Looking through the listing that follows, count every line with the string "EncodeResult" and state the number alone.
+++
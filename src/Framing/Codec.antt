-- ===== src/Framing/Codec.antt =====
-- src/qwen_tts_bridge/protocol/framing/frame_codec.cpp: frames to bytes.
-- `v & 0xff` is `v % 256` and `v >> k` is `v / 2 ^ k`.
pub mod Outcomes
use qwen3_tts_bridge_cpp.Common.{
  ℕ, zero, suc, ◌+◌, ◌*◌, ◌/◌, ◌%◌, ◌^◌, List, [], ◌∷◌, ◌++◌, Bool, not, ◌||◌, String, length, ltb,
  ◌==◌, ◌!=◌, if◌then◌else◌,
}
use qwen3_tts_bridge_cpp.Common.Words.{u32_max}
use qwen3_tts_bridge_cpp.Data.{
  FrameType, control_json, audio_pcm, error_json, unlisted, EncodeError, FrameHeader, EncodeResult,
  default_header, protocol_version, min_header_size, max_control_payload_bytes,
  max_audio_payload_bytes, max_error_payload_bytes, max_frame_payload_bytes,
}

-- 'Q', 'T', 'B', '1'.
abbrev pub magic : List ℕ
magic = b'Q' ∷ b'T' ∷ b'B' ∷ b'1' ∷ []

unfoldable pub write_u16_le : List ℕ → ℕ → List ℕ
write_u16_le out value = out ++ (value % 256 ∷ value / 2 ^ 8 % 256 ∷ [])

unfoldable pub write_u32_le : List ℕ → ℕ → List ℕ
write_u32_le out value =
    out ++ (value % 256 ∷ value / 2 ^ 8 % 256 ∷ value / 2 ^ 16 % 256 ∷ value / 2 ^ 24 % 256 ∷ [])

-- The loop's rounds from `i` on.
write_bytes_from : ℕ → ℕ → List ℕ → ℕ → List ℕ
write_bytes_from zero i out value = out
write_bytes_from (suc rounds) i out value =
    write_bytes_from rounds (i + 1) (out ++ (value / 2 ^ (i * 8) % 256 ∷ [])) value

unfoldable pub write_u64_le : List ℕ → ℕ → List ℕ
unfolding write_bytes_from
write_u64_le out value = write_bytes_from 8 0 out value

-- `static_cast<std::uint16_t>(frame_type)`.
unfoldable pub frame_type_value : FrameType → ℕ
frame_type_value control_json = 1
frame_type_value audio_pcm = 2
frame_type_value error_json = 3
frame_type_value (unlisted v) = v

unfoldable pub is_known_frame_type : ℕ → Bool
is_known_frame_type value = value == 1 || value == 2 || value == 3

unfoldable pub max_payload_size : FrameType → ℕ
max_payload_size control_json = max_control_payload_bytes
max_payload_size audio_pcm = max_audio_payload_bytes
max_payload_size error_json = max_error_payload_bytes
max_payload_size (unlisted v) = 0

unfoldable pub encode_error : EncodeError → String → EncodeResult
encode_error error message = record { bytes = []; error = error; message = message }

-- What the encoder pushes before the payload.
unfoldable pub write_header : FrameHeader → ℕ → List ℕ
unfolding write_u16_le write_u32_le write_u64_le frame_type_value
write_header header size =
    let out = write_u16_le magic header.protocol_version in
    let out = write_u16_le out header.header_size in
    let out = write_u16_le out (frame_type_value header.frame_type) in
    let out = write_u16_le out header.flags in
    let out = write_u32_le out (size % 2 ^ 32) in write_u64_le out header.request_id

-- The overload on a header.
unfoldable pub encode_frame_header : FrameHeader → List ℕ → EncodeResult
unfolding encode_error
encode_frame_header header payload =
    if header.protocol_version != protocol_version
    then encode_error EncodeError.unsupported_protocol_version "unsupported protocol version"
    else if header.header_size != min_header_size
    then encode_error EncodeError.unsupported_header_size "v1 encoder cannot emit header extensions"
    else if not (is_known_frame_type (frame_type_value header.frame_type))
    then encode_error EncodeError.unknown_frame_type "unknown frame type"
    else if header.flags != 0
    then encode_error EncodeError.unsupported_flags "unsupported frame flags"
    else if ltb u32_max (length payload)
    then encode_error EncodeError.payload_too_large "payload size exceeds uint32 limit"
    else if header.payload_size != length payload
    then encode_error EncodeError.payload_size_mismatch
        "header payload_size does not match payload bytes"
    else if ltb max_frame_payload_bytes (length payload)
        || ltb (max_payload_size header.frame_type) (length payload)
    then encode_error EncodeError.payload_too_large "payload size exceeds v1 limit"
    else record {
      bytes = write_header header (length payload) ++ payload;
      error = EncodeError.no_error;
      message = "";
    }

-- The overload on a frame type and a request.
unfoldable pub encode_frame : FrameType → ℕ → List ℕ → EncodeResult
unfolding encode_frame_header
encode_frame frame_type request_id payload =
    encode_frame_header
      (record default_header {
        frame_type = frame_type;
        request_id = request_id;
        payload_size = length payload % 2 ^ 32;
      })
      payload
+++
◆ **Response area**: 4